String ak = System.getenv("HUAWEICLOUD_SDK_AK");
String sk = System.getenv("HUAWEICLOUD_SDK_SK");
// YOU ProjectId
String projectId = "YOU_PROJECT_ID";
// YOU DIS Stream
String streamName = "YOU_STREAM_NAME";
// Consumption group ID, which is used to record the offset.
String groupId = "YOU_GROUP_ID";
// DIS region
String region = "your region";
Properties props = new Properties();
props.setProperty(DISConfig.PROPERTY_AK, ak);
props.setProperty(DISConfig.PROPERTY_SK, sk);
props.setProperty(DISConfig.PROPERTY_PROJECT_ID, projectId);
props.setProperty(DISConfig.PROPERTY_REGION_ID, region);
props.setProperty(ProducerConfig.KEY_SERIALIZER_CLASS_CONFIG, StringSerializer.class.getName());
props.setProperty(ProducerConfig.VALUE_SERIALIZER_CLASS_CONFIG, StringSerializer.class.getName());
//By default, the domain name is automatically used for access instead of configuring an endpoint. If an endpoint is required, remove the following comments and set the endpoint:
// props.setProperty(DISConfig.PROPERTY_ENDPOINT, "https://dis-${region}.myhuaweicloud.com");
// Create dis producer
Producer<String, String> producer = new DISKafkaProducer<>(props);
//Send data synchronously.
synchronousSendDemo(producer, streamName);
//Send data asynchronously.
asynchronousSendDemo(producer, streamName);
// Disable the producer to prevent resource leakage.
producer.close();
}
public static void synchronousSendDemo(Producer<String, String> producer, String streamName)
{
LOGGER.info("===== synchronous send =====");
for (int i = 0; i < 5; i++)
{
//If the key is set to Random or Null, data is evenly distributed to all partitions.
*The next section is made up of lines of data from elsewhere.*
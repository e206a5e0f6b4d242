-- ===== src/Compiler/Ownership/Balance/Plain.antt =====
-- Bodies without a `try` that a loop does not surround, for the theorems on the walk.
use stainless.Base.{Option, none, some, All}
use stainless.Compiler.Syntax.Statements.{
  Block, braced, Statements, no_statement, and_statement, Statement, statement, OptionalStatement,
  no_else, else_statement, StatementKind, block, try_statement, if_statement,
}
use stainless.Compiler.Syntax.Items.{Item, Items, no_item, and_item, Constructor, Function}

-- A loop joins what its body leaves with the state before the loop, so its body is not looked into.
unfoldable mutual
  pub IsPlain : Statement → Type 0
  IsPlain (statement kind _) = IsPlainKind kind

  pub IsPlainKind : StatementKind → Type 0
  IsPlainKind (block body) = IsPlainBlock body
  IsPlainKind (try_statement _ _) = ⊥
  IsPlainKind (if_statement _ then_branch else_branch) =
      IsPlain then_branch × IsPlainElse else_branch
  IsPlainKind _ = Unit

  pub IsPlainBlock : Block → Type 0
  IsPlainBlock (braced statements _) = IsPlainStatements statements

  pub IsPlainStatements : Statements → Type 0
  IsPlainStatements no_statement = Unit
  IsPlainStatements (and_statement s rest) = IsPlain s × IsPlainStatements rest

  pub IsPlainElse : OptionalStatement → Type 0
  IsPlainElse no_else = Unit
  IsPlainElse (else_statement s) = IsPlain s

abbrev pub IsPlainBody : Option Block → Type 0
IsPlainBody none = Unit
IsPlainBody (some body) = IsPlainBlock body

unfoldable mutual
  pub IsPlainItem : Item → Type 0
  IsPlainItem (Item.namespace _ items _) = IsPlainItems items
  IsPlainItem (Item.struct s) =
      All (λ (c : Constructor). IsPlainBody c.body) s.constructors
      × All (λ (f : Function). IsPlainBody f.body) s.functions
  IsPlainItem (Item.constructor c) = IsPlainBody c.body
  IsPlainItem (Item.function f) = IsPlainBody f.body
  IsPlainItem _ = Unit

  pub IsPlainItems : Items → Type 0
  IsPlainItems no_item = Unit
  IsPlainItems (and_item item rest) = IsPlainItem item × IsPlainItems rest
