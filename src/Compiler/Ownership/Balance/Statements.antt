-- ===== src/Compiler/Ownership/Balance/Statements.antt =====
-- Every statement's walk ends in a sound walker: branches, loops, handlers and jumps included.
use stainless.Base.{
  ℕ, not, ◌&&◌, String, Bool, true, false, Option, none, some, All, ◌>>=◌, >>=-eq-some, get_elem?,
  is_some,
}
use stainless.Compiler.Diagnostic.{Span}
use stainless.Compiler.Types.{TypeRef, is_reference, is_copyable}
use stainless.Compiler.Syntax.Statements.{
  OptionalExpression, absent, present, braced, Statements, no_statement, and_statement, Statement,
  statement, OptionalStatement, no_else, else_statement, StatementKind, block, local, return, throw,
  try_statement, if_statement, while_statement, for_statement, break, continue,
  expression_statement, empty, malformed, CatchClauses, no_catch, and_catch, CatchClause, catch_all,
  catch, LocalDeclaration, local_declaration, ForClause, range, classic, malformed_clause,
  OptionalForInitializer, no_initializer, local_initializer, expression_initializer,
}
use stainless.Compiler.Resolution.Model.{
  SemanticModel, BindingResolution, binding, rust_result_adaptation, call,
}
use stainless.Compiler.Ownership.Analyzer.{read}
use stainless.Compiler.Ownership.Walk.{Walker, LastUses, state_of, declare_local, capture_loop_exit}
use stainless.Compiler.Ownership.Walk.Arguments.{Walked, borrow_of, is_mutable_reference}
use stainless.Compiler.Ownership.Walk.Expressions.{walked}
use stainless.Compiler.Ownership.Walk.Loops.{Run, enter_loop}
use stainless.Compiler.Ownership.Walk.Statements.{
  throw_walk, return_value, return_named, return_walk, initialize_reference, call_may_throw,
  initialize_value, holds_loan, initialize_local, declare_resolved, walked_option, local_walk,
  initializer_walk, walk_of, clause_walk, for_walk, catch_binding, end_of, statement_walk,
  kind_walk, statements_walk, else_branch_walk, handler_walks, handler_walk,
}
use stainless.Compiler.Ownership.Balance.{Held, deeper, IsSound, some-Kept, bind-Kept, if_Kept}
use stainless.Compiler.Ownership.Balance.Operations.{
  Lent, move_binding-Keeps, lend-Lent, declare_local-KeepsWith,
}
use stainless.Compiler.Ownership.Balance.Captures.{
  capture_exception_state-Keeps, capture_exception_if-Keeps, capture_loop_exit-Keeps,
  validate_return_if-Keeps,
}
use stainless.Compiler.Ownership.Balance.Arguments.{WriteKeeps, WalkedKeeps}
use stainless.Compiler.Ownership.Balance.Receivers.{OptionKeeps, drop-Kept, with-Kept}
use stainless.Compiler.Ownership.Balance.Expressions.{walked-Keeps}
use stainless.Compiler.Ownership.Balance.Loops.{
  enter_loop-IsSound, leave_loop-Keeps, while_walk-Keeps, classic_walk-Keeps, range_walk-Keeps,
}
use stainless.Compiler.Ownership.Balance.Ends.{
  some-Ends, bind-Ends, Kept-Ends, RunKeeps, OptionWalkKeeps,
}
use stainless.Compiler.Ownership.Balance.Branches.{
  BranchKeeps, OptionBranchKeeps, branch-Keeps, block_branch-Keeps, if_walk-Keeps, try_walk-Keeps,
  scoped-Keeps, followed_by-Keeps,
}

pub throw_walk-Keeps : (value : Option Walked) → OptionKeeps value → WriteKeeps (throw_walk value)
unfolding throw_walk
throw_walk-Keeps none k w held s = capture_exception_state-Keeps w s
throw_walk-Keeps (some value) k w held s =
    bind-Kept (value.walk read w) _ (k.walks read w held s)
      (λ r s'. capture_exception_state-Keeps r.0 s')

return_value-Keeps : (value : Walked) → WalkedKeeps value → WriteKeeps (return_value value)
unfolding return_value
return_value-Keeps value k w held s =
    bind-Kept (value.walk read w) _ (k.walks read w held s)
      (λ r s'. validate_return_if-Keeps r.0.returns_reference r.1 value.span r.0 s')

return_named-Keeps :
    (id : Option ℕ) (value : Walked) → WalkedKeeps value → WriteKeeps (return_named id value)
unfolding return_named
return_named-Keeps none value k w held s = return_value-Keeps value k w held s
return_named-Keeps (some id) value k w held s = record {
  kept = λ w' e.
      let (b, _, h) = >>=-eq-some (get_elem? (state_of w).bindings id) _ e in
      (if_Kept (not (is_reference b.ty) && not (is_copyable b.ty)) _ _
          (move_binding-Keeps id value.span w s) (return_value-Keeps value k w held s)).kept
        w' h;
}

pub return_walk-Keeps : (value : Option Walked) → OptionKeeps value → WriteKeeps (return_walk value)
unfolding return_walk
return_walk-Keeps none k w held s = some-Kept w s
return_walk-Keeps (some value) k w held s =
    if_Kept w.returns_reference _ _ (return_value-Keeps value k w held s)
      (return_named-Keeps (value.named (state_of w)) value k w held s)

initialize_reference-Lent :
    (mutable : Bool) (initializer : Option Walked)
    → OptionKeeps initializer
    → (w : Walker) (held : Held) → IsSound w held
    → Lent held (initialize_reference mutable initializer w)
unfolding initialize_reference
initialize_reference-Lent mutable none k w held s = some-Kept (w, none) s
initialize_reference-Lent mutable (some i) k w held s =
    bind-Kept (i.walk (borrow_of mutable) w) _ (k.walks (borrow_of mutable) w held s)
      (λ r s'. lend-Lent r.1 mutable i.span r.0 s')

module _ (semantics : SemanticModel) (last_uses : LastUses) where
  initialize_value-Keeps :
      (span : Span) (initializer : Option Walked)
      → OptionKeeps initializer
      → WriteKeeps (initialize_value semantics last_uses span initializer)
  unfolding initialize_value
  initialize_value-Keeps span none k w held s =
      capture_exception_if-Keeps (call_may_throw (call semantics span)) w s
  initialize_value-Keeps span (some i) k w held s =
      bind-Kept (i.walk read w) _ (k.walks read w held s) (λ r s'.
        capture_exception_if-Keeps (is_some (rust_result_adaptation semantics i.span)) r.0 s')

  initialize_local-Lent :
      (ty : TypeRef) (span : Span) (initializer : Option Walked)
      → OptionKeeps initializer
      → (w : Walker) (held : Held) → IsSound w held
      → Lent held (initialize_local semantics last_uses ty span initializer w)
  unfolding initialize_local
  initialize_local-Lent ty span initializer k w held s =
      if_Kept (holds_loan semantics last_uses ty) _ _
        (initialize_reference-Lent (is_mutable_reference ty) initializer k w held s)
        (bind-Kept (initialize_value semantics last_uses span initializer w) _
          (initialize_value-Keeps span initializer k w held s) (λ v s'. some-Kept (v, none) s'))

  declare_resolved-Keeps :
      (b : Option BindingResolution) (name : String) (span : Span) (initializer : Option Walked)
      → OptionKeeps initializer
      → WriteKeeps (declare_resolved semantics last_uses b name span initializer)
  unfolding declare_resolved
  declare_resolved-Keeps none name span initializer k w held s = some-Kept w s
  declare_resolved-Keeps (some b) name span initializer k w held s =
      bind-Kept (initialize_local semantics last_uses b.ty span initializer w) _
        (initialize_local-Lent b.ty span initializer k w held s)
        (λ r s'.
          drop-Kept (declare_local last_uses name b.ty r.1 span r.0)
            (declare_local-KeepsWith last_uses name b.ty r.1 span r.0 s'))

  pub walked_option-Keeps :
      (e : OptionalExpression) → OptionKeeps (walked_option semantics last_uses e)
  walked_option-Keeps absent = tt
  walked_option-Keeps (present e) = walked-Keeps semantics e

  walk_of-Keeps :
      (e : Option Walked) → OptionKeeps e → OptionWalkKeeps (walk_of semantics last_uses e)
  walk_of-Keeps none k = tt
  walk_of-Keeps (some e) k = k.walks

  pub local_walk-Keeps :
      (declaration : LocalDeclaration) → WriteKeeps (local_walk semantics last_uses declaration)
  unfolding local_walk
  local_walk-Keeps (local_declaration _ name initializer span) w held s =
      declare_resolved-Keeps (binding semantics span) name span
        (walked_option semantics last_uses initializer) (walked_option-Keeps initializer) w held s

  pub read-Keeps : (e : Walked) → WalkedKeeps e → WriteKeeps (λ w. e.walk read w >>= λ r. some r.0)
  read-Keeps e k w held s = drop-Kept (e.walk read w) (k.walks read w held s)

  initializer_walk-Keeps :
      (initializer : OptionalForInitializer)
      → WriteKeeps (initializer_walk semantics last_uses initializer)
  unfolding initializer_walk
  initializer_walk-Keeps no_initializer w held s = some-Kept w s
  initializer_walk-Keeps (local_initializer declaration) w held s =
      local_walk-Keeps declaration w held s
  initializer_walk-Keeps (expression_initializer e) w held s =
      read-Keeps (walked semantics e) (walked-Keeps semantics e) w held s

  clause_walk-Keeps :
      (clause : ForClause) (run : Run)
      → RunKeeps run
      → WriteKeeps (clause_walk semantics last_uses clause run)
  unfolding clause_walk
  clause_walk-Keeps (classic initializer condition update) run k w held s =
      bind-Kept (initializer_walk semantics last_uses initializer w) _
        (initializer_walk-Keeps initializer w held s)
        (λ v s'.
          classic_walk-Keeps _ _ run
            (walk_of-Keeps (walked_option semantics last_uses condition)
              (walked_option-Keeps condition))
            (walk_of-Keeps (walked_option semantics last_uses update) (walked_option-Keeps update))
            k v held s')
  clause_walk-Keeps (range _ bindings iterable) run k w held s =
      range_walk-Keeps semantics last_uses bindings (walked semantics iterable) run
        (walked-Keeps semantics iterable) k w held s
  clause_walk-Keeps malformed_clause run k w held s = some-Kept w s

  pub for_walk-Keeps :
      (clause : ForClause) (run : Run) (body_end : ℕ)
      → RunKeeps run
      → WriteKeeps (for_walk semantics last_uses clause run body_end)
  unfolding for_walk
  for_walk-Keeps clause run body_end k w held s =
      bind-Kept (clause_walk semantics last_uses clause run (enter_loop w)) _
        (clause_walk-Keeps clause run k (enter_loop w) (deeper held) (enter_loop-IsSound w s))
        (λ v s'. leave_loop-Keeps body_end v held s')

  -- What keeps the books exactly, as a statement that ends reachably or not.
  ending-Keeps :
      (reachable : Bool) (f : Walker → Option Walker)
      → WriteKeeps f
      → RunKeeps (λ w. f w >>= λ v. some (v, reachable))
  ending-Keeps reachable f k w (held, s) = Kept-Ends (with-Kept reachable (f w) (k w held s))

  mutual
    unfolding statement_walk kind_walk statements_walk else_branch_walk handler_walks handler_walk

    pub statement_walk-Keeps : (s : Statement) → RunKeeps (statement_walk semantics last_uses s)
    statement_walk-Keeps (statement kind span) = kind_walk-Keeps kind

    kind_walk-Keeps : (kind : StatementKind) → RunKeeps (kind_walk semantics last_uses kind)
    kind_walk-Keeps (block (braced statements _)) =
        scoped-Keeps (statements_walk semantics last_uses statements)
          (statements_walk-Keeps statements)
    kind_walk-Keeps (local declaration) =
        ending-Keeps true (local_walk semantics last_uses declaration)
          (local_walk-Keeps declaration)
    kind_walk-Keeps (return value) =
        ending-Keeps false _
          (return_walk-Keeps (walked_option semantics last_uses value) (walked_option-Keeps value))
    kind_walk-Keeps (throw value) =
        ending-Keeps false _
          (throw_walk-Keeps (walked_option semantics last_uses value) (walked_option-Keeps value))
    kind_walk-Keeps (try_statement (braced statements _) catches) =
        try_walk-Keeps last_uses (statements_walk semantics last_uses statements)
          (handler_walks semantics last_uses catches) (statements_walk-Keeps statements)
          (handler_walks-Keeps catches)
    kind_walk-Keeps (if_statement condition then_branch else_branch) = λ w (held, s).
        bind-Ends ((walked semantics condition).walk read w) _
          (Kept-Ends ((walked-Keeps semantics condition).walks read w held s))
          (λ r at p.
            if_walk-Keeps _ (else_branch_walk semantics last_uses else_branch)
              (branch-Keeps (statement_walk semantics last_uses then_branch)
                (end_of semantics last_uses then_branch) (statement_walk-Keeps then_branch))
              (else_branch_walk-Keeps else_branch) r.0 p)
    kind_walk-Keeps (while_statement condition body) = ending-Keeps true _ (
        while_walk-Keeps (walked semantics condition).walk (statement_walk semantics last_uses body)
          (end_of semantics last_uses body) (walked-Keeps semantics condition).walks
          (statement_walk-Keeps body))
    kind_walk-Keeps (for_statement clause body) = ending-Keeps true _ (
        for_walk-Keeps clause (statement_walk semantics last_uses body)
          (end_of semantics last_uses body) (statement_walk-Keeps body))
    kind_walk-Keeps break =
        ending-Keeps false (capture_loop_exit false) (λ w held s. capture_loop_exit-Keeps false w s)
    kind_walk-Keeps continue =
        ending-Keeps false (capture_loop_exit true) (λ w held s. capture_loop_exit-Keeps true w s)
    kind_walk-Keeps (expression_statement e) =
        ending-Keeps true _ (read-Keeps (walked semantics e) (walked-Keeps semantics e))
    kind_walk-Keeps empty = λ w h. some-Ends (w, true) h
    kind_walk-Keeps malformed = λ w h. some-Ends (w, true) h

    statements_walk-Keeps : (s : Statements) → RunKeeps (statements_walk semantics last_uses s)
    statements_walk-Keeps no_statement = λ w h. some-Ends (w, true) h
    statements_walk-Keeps (and_statement s rest) =
        followed_by-Keeps (statement_walk semantics last_uses s) (end_of semantics last_uses s)
          (statements_walk semantics last_uses rest) (statement_walk-Keeps s)
          (statements_walk-Keeps rest)

    else_branch_walk-Keeps :
        (s : OptionalStatement) → OptionBranchKeeps (else_branch_walk semantics last_uses s)
    else_branch_walk-Keeps no_else = tt
    else_branch_walk-Keeps (else_statement s) =
        branch-Keeps (statement_walk semantics last_uses s) (end_of semantics last_uses s)
          (statement_walk-Keeps s)

    handler_walks-Keeps :
        (catches : CatchClauses) → All BranchKeeps (handler_walks semantics last_uses catches)
    handler_walks-Keeps no_catch = tt
    handler_walks-Keeps (and_catch c rest) = (handler_walk-Keeps c, handler_walks-Keeps rest)

    handler_walk-Keeps : (c : CatchClause) → BranchKeeps (handler_walk semantics last_uses c)
    handler_walk-Keeps (catch b (braced statements _) _) =
        block_branch-Keeps last_uses (catch_binding semantics last_uses (some b))
          (statements_walk semantics last_uses statements) (statements_walk-Keeps statements)
    handler_walk-Keeps (catch_all (braced statements _) _) =
        block_branch-Keeps last_uses none (statements_walk semantics last_uses statements)
          (statements_walk-Keeps statements)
String key = String.valueOf(ThreadLocalRandom.current().nextInt(1000000));
String value = "Hello world[sync]. " + i;
Future<RecordMetadata> future = producer.send(new ProducerRecord<>(streamName, key, value));
try
{
//Calling future.get will block waiting until sending is complete.
RecordMetadata recordMetadata = future.get();
//Data is successfully sent.
LOGGER.info("Success to send [{}], Partition [{}], Offset [{}].",
value, recordMetadata.partition(), recordMetadata.offset());
}
catch (Exception e)
{
//Data failed to be sent.
LOGGER.error("Failed to send [{}], Error [{}]", value, e.getMessage(), e);
}
}
}
public static void asynchronousSendDemo(Producer<String, String> producer, String streamName)
{
LOGGER.info("===== asynchronous send =====");
int totalSendCount = 5;
CountDownLatch countDownLatch = new CountDownLatch(totalSendCount);
for (int i = 0; i < totalSendCount; i++)
{
//If the key is set to Random or Null, data is evenly distributed to all partitions.
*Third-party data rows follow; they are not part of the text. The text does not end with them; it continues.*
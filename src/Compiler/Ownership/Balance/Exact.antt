-- ===== src/Compiler/Ownership/Balance/Exact.antt =====
-- The walk of a body without a `try` outside its loops keeps the very loans that are out, and the
-- scopes that are open.
use stainless.Base.{ℕ, Bool, true, false, Option, none, some, inl, inr, Bool-cases, ◌>>=◌}
use stainless.Compiler.Syntax.Statements.{
  braced, Statements, no_statement, and_statement, Statement, statement, OptionalStatement, no_else,
  else_statement, StatementKind, block, local, return, throw, try_statement, if_statement,
  while_statement, for_statement, break, continue, expression_statement, empty, malformed,
}
use stainless.Compiler.Resolution.Model.{SemanticModel}
use stainless.Compiler.Ownership.State.{FlowState, merge_states}
use stainless.Compiler.Ownership.Analyzer.{read}
use stainless.Compiler.Ownership.Walk.{
  Walker, LastUses, state_of, set_state, enter_scope, leave_scope, expire, capture_loop_exit,
}
use stainless.Compiler.Ownership.Walk.Expressions.{walked}
use stainless.Compiler.Ownership.Walk.Loops.{Run}
use stainless.Compiler.Ownership.Walk.Statements.{
  Branch, branch, join_branches, else_walk, if_walk, scoped, followed_by, walked_option, local_walk,
  end_of, statement_walk, kind_walk, statements_walk, else_branch_walk,
}
use stainless.Compiler.Ownership.Balance.{
  Held, deeper, Books, IsSound, Kept, KeepsWith, some-Kept, bind-Kept, set_state-IsSound,
}
use stainless.Compiler.Ownership.Balance.Operations.{
  enter_scope-IsSound, leave_scope-Keeps, expire-Keeps,
}
use stainless.Compiler.Ownership.Balance.States.{merge_states-Books}
use stainless.Compiler.Ownership.Balance.Captures.{capture_loop_exit-Keeps}
use stainless.Compiler.Ownership.Balance.Arguments.{WriteKeeps}
use stainless.Compiler.Ownership.Balance.Receivers.{with-Kept}
use stainless.Compiler.Ownership.Balance.Expressions.{walked-Keeps}
use stainless.Compiler.Ownership.Balance.Loops.{while_walk-Keeps}
use stainless.Compiler.Ownership.Balance.Ends.{Ends, some-Ends, bind-Ends, anything}
use stainless.Compiler.Ownership.Balance.Plain.{
  IsPlain, IsPlainKind, IsPlainBlock, IsPlainStatements, IsPlainElse,
}
use stainless.Compiler.Ownership.Balance.Statements.{
  local_walk-Keeps, return_walk-Keeps, throw_walk-Keeps, for_walk-Keeps, read-Keeps,
  walked_option-Keeps, statement_walk-Keeps,
}

abbrev RunKeepsWith : Run → Type 0
RunKeepsWith run = (w : Walker) (held : Held) → IsSound w held → KeepsWith held (run w)

-- A branch from a state with right books: the walker and the state that the branch ends in have
-- the same loans out, and as many scopes open.
abbrev BranchKeepsWith : Branch → Type 0
BranchKeepsWith b =
    (st : FlowState) (w : Walker) (held : Held)
    → Books st held
    → IsSound w held
    → Ends (λ r. IsSound r.0 held × Books r.1.0 held) (b st w)

abbrev OptionBranchKeepsWith : Option Branch → Type 0
OptionBranchKeepsWith none = Unit
OptionBranchKeepsWith (some b) = BranchKeepsWith b

Kept-IsSound {ℓ} :
    {A : Type ℓ} {walker : A → Walker} {held : A → Held} {m : Option A}
    → Kept walker held m
    → Ends (λ a. IsSound (walker a) (held a)) m
Kept-IsSound k = record { ends = λ a e. k.kept a e }

branch-KeepsWith : (run : Run) (end : ℕ) → RunKeepsWith run → BranchKeepsWith (branch run end)
unfolding branch
branch-KeepsWith run end k st w held b s =
    let entered = enter_scope-IsSound (set_state st w) (set_state-IsSound w st s b) in
    bind-Ends (run (enter_scope (set_state st w))) _
      (Kept-IsSound (k (enter_scope (set_state st w)) (deeper held) entered))
      (λ ran at s₁.
        bind-Ends (expire end ran.0) _ (Kept-IsSound (expire-Keeps end ran.0 s₁)) (λ expired at₁ s₂.
          bind-Ends (leave_scope expired) _
            (Kept-IsSound (leave_scope-Keeps expired {held = held} s₂))
            (λ left at₂ s₃.
              some-Ends _ (set_state-IsSound left (state_of w) s₃ s.books, s₃.books))))

else_walk-KeepsWith : (b : Option Branch) → OptionBranchKeepsWith b → BranchKeepsWith (else_walk b)
unfolding else_walk
else_walk-KeepsWith none k st w held b s = some-Ends _ (s, b)
else_walk-KeepsWith (some other) k st w held b s = k st w held b s

join_branches-KeepsWith :
    (baseline : FlowState) (one other : FlowState × Bool) (w : Walker) (held : Held)
    → Books baseline held
    → Books one.0 held
    → Books other.0 held
    → IsSound w held
    → Ends (λ (r : Walker × Bool). IsSound r.0 held) (join_branches baseline one other w)
unfolding join_branches
join_branches-KeepsWith baseline (one, true) (other, true) w held b p q s =
    bind-Ends (merge_states baseline one other) _ (anything (merge_states baseline one other))
      (λ m at _.
        some-Ends _ (set_state-IsSound w m s (merge_states-Books baseline one other m held at b)))
join_branches-KeepsWith baseline (one, true) (other, false) w held b p q s =
    some-Ends _ (set_state-IsSound w one s p)
join_branches-KeepsWith baseline (one, false) (other, true) w held b p q s =
    some-Ends _ (set_state-IsSound w other s q)
join_branches-KeepsWith baseline (one, false) (other, false) w held b p q s =
    some-Ends _ (set_state-IsSound w baseline s b)

if_walk-KeepsWith :
    (then_branch : Branch) (else_branch : Option Branch)
    → BranchKeepsWith then_branch
    → OptionBranchKeepsWith else_branch
    → (w : Walker) (held : Held) → IsSound w held
    → Ends (λ (r : Walker × Bool). IsSound r.0 held) (if_walk then_branch else_branch w)
unfolding if_walk
if_walk-KeepsWith then_branch else_branch k k' w held s =
    bind-Ends (then_branch (state_of w) w) _ (k (state_of w) w held s.books s) (λ r at p.
      bind-Ends (else_walk else_branch (state_of w) r.0) _
        (else_walk-KeepsWith else_branch k' (state_of w) r.0 held s.books p.0)
        (λ r' at' q. join_branches-KeepsWith (state_of w) r.1 r'.1 r'.0 held s.books p.1 q.1 q.0))

scoped-KeepsWith : (run : Run) → RunKeepsWith run → RunKeepsWith (scoped run)
unfolding scoped
scoped-KeepsWith run k w held s =
    bind-Kept (run (enter_scope w)) _ (k (enter_scope w) (deeper held) (enter_scope-IsSound w s))
      (λ ran s₁.
        bind-Kept (leave_scope ran.0) _ (leave_scope-Keeps ran.0 {held = held} s₁)
          (λ left s₂. some-Kept _ s₂))

followed_by-KeepsWith :
    (run : Run) (end : ℕ) (rest : Run)
    → RunKeepsWith run
    → RunKeepsWith rest
    → RunKeepsWith (followed_by run end rest)
unfolding followed_by
followed_by-KeepsWith run end rest k k' w held s = bind-Kept (run w) _ (k w held s) (λ ran s₁.
    bind-Kept (expire end ran.0) _ (expire-Keeps end ran.0 s₁) (λ expired s₂.
      elim (Bool-cases ran.1) [
        | inl reachable ↦ rw reachable (k' expired held s₂)
        | inr unreachable ↦ rw unreachable (some-Kept (expired, false) s₂)
      ]))

-- What keeps the books, as a statement that ends reachably or not.
ending-KeepsWith :
    (reachable : Bool) (f : Walker → Option Walker)
    → WriteKeeps f
    → RunKeepsWith (λ w. f w >>= λ v. some (v, reachable))
ending-KeepsWith reachable f k w held s = with-Kept reachable (f w) (k w held s)

module _ (semantics : SemanticModel) (last_uses : LastUses) where
  mutual
    unfolding statement_walk kind_walk statements_walk else_branch_walk IsPlain IsPlainKind
        IsPlainBlock IsPlainStatements IsPlainElse

    pub statement_walk-KeepsWith :
        (s : Statement) → IsPlain s → RunKeepsWith (statement_walk semantics last_uses s)
    statement_walk-KeepsWith (statement kind span) p = kind_walk-KeepsWith kind p

    kind_walk-KeepsWith :
        (kind : StatementKind)
        → IsPlainKind kind
        → RunKeepsWith (kind_walk semantics last_uses kind)
    kind_walk-KeepsWith (block (braced statements _)) p =
        scoped-KeepsWith (statements_walk semantics last_uses statements)
          (statements_walk-KeepsWith statements p)
    kind_walk-KeepsWith (local declaration) p =
        ending-KeepsWith true (local_walk semantics last_uses declaration)
          (local_walk-Keeps semantics last_uses declaration)
    kind_walk-KeepsWith (return value) p = ending-KeepsWith false _ (
        return_walk-Keeps (walked_option semantics last_uses value)
          (walked_option-Keeps semantics last_uses value))
    kind_walk-KeepsWith (throw value) p = ending-KeepsWith false _ (
        throw_walk-Keeps (walked_option semantics last_uses value)
          (walked_option-Keeps semantics last_uses value))
    kind_walk-KeepsWith (try_statement body catches) p = absurd p
    kind_walk-KeepsWith (if_statement condition then_branch else_branch) (p, q) = λ w held s.
        bind-Kept ((walked semantics condition).walk read w) _
          ((walked-Keeps semantics condition).walks read w held s)
          (λ r s'. record {
            kept =
                (if_walk-KeepsWith _ (else_branch_walk semantics last_uses else_branch)
                  (branch-KeepsWith (statement_walk semantics last_uses then_branch)
                    (end_of semantics last_uses then_branch)
                    (statement_walk-KeepsWith then_branch p))
                  (else_branch_walk-KeepsWith else_branch q) r.0 held s').ends;
          })
    kind_walk-KeepsWith (while_statement condition body) p = ending-KeepsWith true _ (
        while_walk-Keeps (walked semantics condition).walk (statement_walk semantics last_uses body)
          (end_of semantics last_uses body) (walked-Keeps semantics condition).walks
          (statement_walk-Keeps semantics last_uses body))
    kind_walk-KeepsWith (for_statement clause body) p = ending-KeepsWith true _ (
        for_walk-Keeps semantics last_uses clause (statement_walk semantics last_uses body)
          (end_of semantics last_uses body) (statement_walk-Keeps semantics last_uses body))
    kind_walk-KeepsWith break p =
        ending-KeepsWith false (capture_loop_exit false)
          (λ w held s. capture_loop_exit-Keeps false w s)
    kind_walk-KeepsWith continue p =
        ending-KeepsWith false (capture_loop_exit true)
          (λ w held s. capture_loop_exit-Keeps true w s)
    kind_walk-KeepsWith (expression_statement e) p =
        ending-KeepsWith true _
          (read-Keeps semantics last_uses (walked semantics e) (walked-Keeps semantics e))
    kind_walk-KeepsWith empty p = λ w held s. some-Kept (w, true) s
    kind_walk-KeepsWith malformed p = λ w held s. some-Kept (w, true) s

    pub statements_walk-KeepsWith :
        (s : Statements)
        → IsPlainStatements s
        → RunKeepsWith (statements_walk semantics last_uses s)
    statements_walk-KeepsWith no_statement p = λ w held s. some-Kept (w, true) s
    statements_walk-KeepsWith (and_statement s rest) (p, q) =
        followed_by-KeepsWith (statement_walk semantics last_uses s) (end_of semantics last_uses s)
          (statements_walk semantics last_uses rest) (statement_walk-KeepsWith s p)
          (statements_walk-KeepsWith rest q)

    else_branch_walk-KeepsWith :
        (s : OptionalStatement)
        → IsPlainElse s
        → OptionBranchKeepsWith (else_branch_walk semantics last_uses s)
    else_branch_walk-KeepsWith no_else p = tt
    else_branch_walk-KeepsWith (else_statement s) p =
        branch-KeepsWith (statement_walk semantics last_uses s) (end_of semantics last_uses s)
          (statement_walk-KeepsWith s p)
String key = String.valueOf(ThreadLocalRandom.current().nextInt(1000000));
String value = "Hello world[async]. " + i;
try
{
//Data is sent in callback mode and is not blocked.
producer.send(new ProducerRecord<>(streamName, key, value), new Callback()
{
@Override
public void onCompletion(RecordMetadata recordMetadata, Exception e)
{
countDownLatch.countDown();
if (e == null)
{
//Data is successfully sent.
LOGGER.info("Success to send [{}], Partition [{}], Offset [{}].",
value, recordMetadata.partition(), recordMetadata.offset());
}
else
{
//Data failed to be sent.
LOGGER.error("Failed to send [{}], Error [{}]", value, e.getMessage(), e);
}
}
});
}
catch (Exception e)
{
countDownLatch.countDown();
LOGGER.error(e.getMessage(), e);
}
}
try
{
// Wait until all data is sent.
countDownLatch.await();
}
catch (InterruptedException e)
{
LOGGER.error(e.getMessage(), e);
}
}
}
After running the preceding program, if the data is successfully sent, the following log is generated:
09:32:52.001 INFO c.h.d.d.a.DISKafkaProducerDemo - ===== synchronous send ===== 09:32:53.523 INFO c.h.d.d.a.DISKafkaProducerDemo - Success to send [Hello world[sync]. 0], Partition [0], Offset [114]. 09:32:53.706 INFO c.h.d.d.a.DISKafkaProducerDemo - Success to send [Hello world[sync]. 1], Partition [0], Offset [115]. 09:32:53.956 INFO c.h.d.d.a.DISKafkaProducerDemo - Success to send [Hello world[sync]. 2], Partition [0], Offset [116]. 09:32:54.160 INFO c.h.d.d.a.DISKafkaProducerDemo - Success to send [Hello world[sync]. 3], Partition [0], Offset [117]. 09:32:54.450 INFO c.h.d.d.a.DISKafkaProducerDemo - Success to send [Hello world[sync]. 4], Partition [0], Offset [118]. 09:32:54.450 INFO c.h.d.d.a.DISKafkaProducerDemo - ===== asynchronous send ===== 09:32:54.673 INFO c.h.d.d.a.DISKafkaProducerDemo - Success to send [Hello world[async]. 0], Partition [0], Offset [119]. 09:32:54.674 INFO c.h.d.d.a.DISKafkaProducerDemo - Success to send [Hello world[async]. 1], Partition [0], Offset [120]. 09:32:54.674 INFO c.h.d.d.a.DISKafkaProducerDemo - Success to send [Hello world[async]. 2], Partition [0], Offset [121]. 09:32:54.674 INFO c.h.d.d.a.DISKafkaProducerDemo - Success to send [Hello world[async]. 3], Partition [0], Offset [122]. 09:32:54.674 INFO c.h.d.d.a.DISKafkaProducerDemo - Success to send [Hello world[async]. 4], Partition [0], Offset [123].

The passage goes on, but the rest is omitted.